▶ [Required action]
Take the line that contains "let header = document.standard_business_document_header" and every line after it in the material below, and quote them exactly.

▶ [Provided records]

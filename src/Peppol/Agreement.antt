-- ===== src/Peppol/Agreement.antt =====
-- What `PeppolAS4Message.process_sbdh` has checked when it ends.
use as_lib.Base.{
  ◌≡◌, ◌≢◌, refl, ap, sym, ◌∙◌, arith, String, true, ◌&&◌, Option, none, some, List, ◌==◌, ==→eq,
  string_eq, option_eq,
}
use as_lib.Outcome.{
  Result, ok, err, require, bind-eq-ok, ensure-eq-ok, some-injective, require-eq-some,
}
use as_lib.Outcome.Exec.{continue-eq-ok}
use as_lib.Message.{As4Message}
use as_lib.Environment.{Environment}
use as_lib.Parties.{As4ParseContext, ParticipantAcceptor}
use as_lib.Models.UserMessage.{Property, UserMessage, MessageProperties}
use as_lib.Models.Soap.{Envelope}
use as_lib.Models.Sbdh.{Identifier, StandardBusinessDocument, StandardBusinessDocumentHeader}
use as_lib.Peppol.{
  PeppolAs4Message, peppol_party_identifier_type, check_party, user_message_of,
  verify_party_identifiers, verify_participant, declared_sender, declared_recipient,
  verify_participants_agree, refuse_not_serviced, accept_recipient, scope_fields,
}
use as_lib.Peppol.Process.{
  message_properties, check_participants, check_scopes, read_document, process_sbdh,
}

-- Both parties are identified under the Peppol scheme.
pub record PeppolParties (envelope : Option Envelope) : Type 0 where
  pub um : UserMessage
  pub user : user_message_of envelope ≡ ok (some um)
  pub from_peppol :
      (um.party_info.party_from.party_id.type_value == some peppol_party_identifier_type) ≡ true
  pub to_peppol :
      (um.party_info.party_to.party_id.type_value == some peppol_party_identifier_type) ≡ true

verify_party_identifiers-PeppolParties :
    (envelope : Option Envelope)
    → verify_party_identifiers envelope ≡ ok tt
    → PeppolParties envelope
unfolding verify_party_identifiers check_party
verify_party_identifiers-PeppolParties envelope h =
    let (found, e, h1) = bind-eq-ok (user_message_of envelope) _ h in
    let (um, is_um, h2) = bind-eq-ok (require found _) _ h1 in
    let (u, f, h3) = bind-eq-ok (check_party "From" um.party_info.party_from.party_id) _ h2 in
    record {
      um = um;
      user = e ∙ ap ok (require-eq-some _ _ is_um);
      from_peppol = ensure-eq-ok _ _ _ f;
      to_peppol = ensure-eq-ok _ _ _ h3;
    }

-- A property of the message declares the participant that the header names.
abbrev pub Declares : Option Property → Identifier → Type 0
Declares declared i =
    (p : Property) × (declared ≡ some p)
    × (p.value ≡ i.value)
    × ((p.property_type == i.authority) ≡ true)

verify_participant-Declares :
    (name : String) (declared : Option Property) (i : Identifier)
    → verify_participant name declared i ≡ ok tt
    → Declares declared i
unfolding verify_participant
verify_participant-Declares name none i h = ground arith
verify_participant-Declares name (some p) i h =
    let b = ensure-eq-ok (p.value == i.value && p.property_type == i.authority) _ tt h in
    (p, refl, ==→eq p.value i.value (ground arith), ground arith)

participants_agree :
    (ps : Option MessageProperties) (sender recipient : Identifier)
    → verify_participants_agree ps sender recipient ≡ ok tt
    → Declares (declared_sender ps) sender × Declares (declared_recipient ps) recipient
unfolding verify_participants_agree
participants_agree ps sender recipient h =
    let (u, s, h1) =
      bind-eq-ok (verify_participant "originalSender" (declared_sender ps) sender) _ h in
    (
      verify_participant-Declares "originalSender" _ _ s,
      verify_participant-Declares "finalRecipient" _ _ h1,
    )

some_no-none : {A : Type 0} {a : A} → some a ≢ none
some_no-none h = ground arith

refuse_not_serviced-eq-ok : (m : Result (Unit {0})) → refuse_not_serviced m ≡ ok tt → m ≡ ok tt
unfolding refuse_not_serviced
refuse_not_serviced-eq-ok (ok u) h = refl
refuse_not_serviced-eq-ok (err e) h = ground arith

module _ (env : Environment) (show_set : List String → String) (ctx : As4ParseContext) where
  -- What the business document says, and what the message around it and the service agree to.
  pub record Agreed (f g : PeppolAs4Message) : Type 0 where
    pub parties : PeppolParties f.soap_envelope
    pub document : StandardBusinessDocument
    pub read : read_document env show_set ctx f.as4 ≡ ok document
    pub sender : g.sender ≡ some document.standard_business_document_header.sender.identifier.value
    pub recipient :
        g.recipient ≡ some document.standard_business_document_header.receiver.identifier.value
    pub participants :
        ctx.security_policy.verify_participants ≡ true
        → (ps : Option MessageProperties) × (message_properties env show_set ctx f.as4 ≡ ok ps)
          × Declares
              (declared_sender ps)
              document.standard_business_document_header.sender.identifier
          × Declares
              (declared_recipient ps)
              document.standard_business_document_header.receiver.identifier
    pub serviced :
        (accept : ParticipantAcceptor)
        → ctx.accept_participant ≡ some accept
        → accept document.standard_business_document_header.receiver.identifier.value ≡ ok tt
    pub document_type : g.document_type_identifier_value ≢ none
    pub process : g.process_identifier ≢ none

  check_participants-Declares :
      (h : StandardBusinessDocumentHeader) (m : As4Message)
      → check_participants env show_set ctx h m ≡ ok tt
      → ctx.security_policy.verify_participants ≡ true
      → (ps : Option MessageProperties) × (message_properties env show_set ctx m ≡ ok ps)
        × Declares (declared_sender ps) h.sender.identifier
        × Declares (declared_recipient ps) h.receiver.identifier
  unfolding check_participants
  check_participants-Declares h m c y =
      let (ps, e, v) = bind-eq-ok (message_properties env show_set ctx m) _ (rw y at c) in
      let (s, r) = participants_agree ps _ _ v in (ps, e, s, r)

  accepted_by :
      (o : Option ParticipantAcceptor) (accept : ParticipantAcceptor) (recipient : String)
      → accept_recipient o recipient ≡ ok tt
      → o ≡ some accept
      → accept recipient ≡ ok tt
  unfolding accept_recipient
  accepted_by none accept recipient h e = ground arith
  accepted_by (some f) accept recipient h e =
      ap (λ g. g recipient) (sym (some-injective e)) ∙ refuse_not_serviced-eq-ok _ h

  -- When `process_sbdh` ends without raising, then both parties are named under the Peppol
  -- scheme; the payload is a business document whose sender and receiver become those of the
  -- message; where the policy asks for it, they are the originalSender and the finalRecipient
  -- that the message declares, under the same schemes; the acceptor, if there is one, takes the
  -- receiver; and the message has a document type and a process.
  pub process_sbdh-Agreed :
      (f g : PeppolAs4Message) → process_sbdh env show_set ctx f ≡ (ok tt, g) → Agreed f g
  unfolding process_sbdh scope_fields
  process_sbdh-Agreed f g h =
      let (u, p, h1) = continue-eq-ok (verify_party_identifiers f.soap_envelope) _ f h in
      let (document, d, h2) = continue-eq-ok (read_document env show_set ctx f.as4) _ f h1 in
      let header = document.standard_business_document_header in
      let (u2, c, h3) = continue-eq-ok (check_participants env show_set ctx header f.as4) _ _ h2 in
      let (u3, a, h4) =
        continue-eq-ok (accept_recipient ctx.accept_participant header.receiver.identifier.value) _
          _ h3 in
      let (scopes, s, h5) =
        continue-eq-ok (check_scopes env show_set ctx header.business_scope.scopes) _ _ h4 in
      record {
        parties = verify_party_identifiers-PeppolParties f.soap_envelope p;
        document = document;
        read = d;
        sender = ap (λ r. r.1.sender) (sym h5);
        recipient = ap (λ r. r.1.recipient) (sym h5);
        participants = check_participants-Declares header f.as4 c;
        serviced = λ accept e. accepted_by _ accept _ a e;
        document_type = λ n. some_no-none (ap (λ r. r.1.document_type_identifier_value) h5 ∙ n);
        process = λ n. some_no-none (ap (λ r. r.1.process_identifier) h5 ∙ n);
      }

▶ [Answer section]
      let header = document.standard_business_document_header in
      let (u2, c, h3) = continue-eq-ok (check_participants env show_set ctx header f.as4) _ _ h2 in
      let (u3, a, h4) =
        continue-eq-ok (accept_recipient ctx.accept_participant header.receiver.identifier.value) _
          _ h3 in
      let (scopes, s, h5) =
        continue-eq-ok (check_scopes env show_set ctx header.business_scope.scopes) _ _ h4 in
      record {
        parties = verify_party_identifiers-PeppolParties f.soap_envelope p;
        document = document;
        read = d;
        sender = ap (λ r. r.1.sender) (sym h5);
        recipient = ap (λ r. r.1.recipient) (sym h5);
        participants = check_participants-Declares header f.as4 c;
        serviced = λ accept e. accepted_by _ accept _ a e;
        document_type = λ n. some_no-none (ap (λ r. r.1.document_type_identifier_value) h5 ∙ n);
        process = λ n. some_no-none (ap (λ r. r.1.process_identifier) h5 ∙ n);
      }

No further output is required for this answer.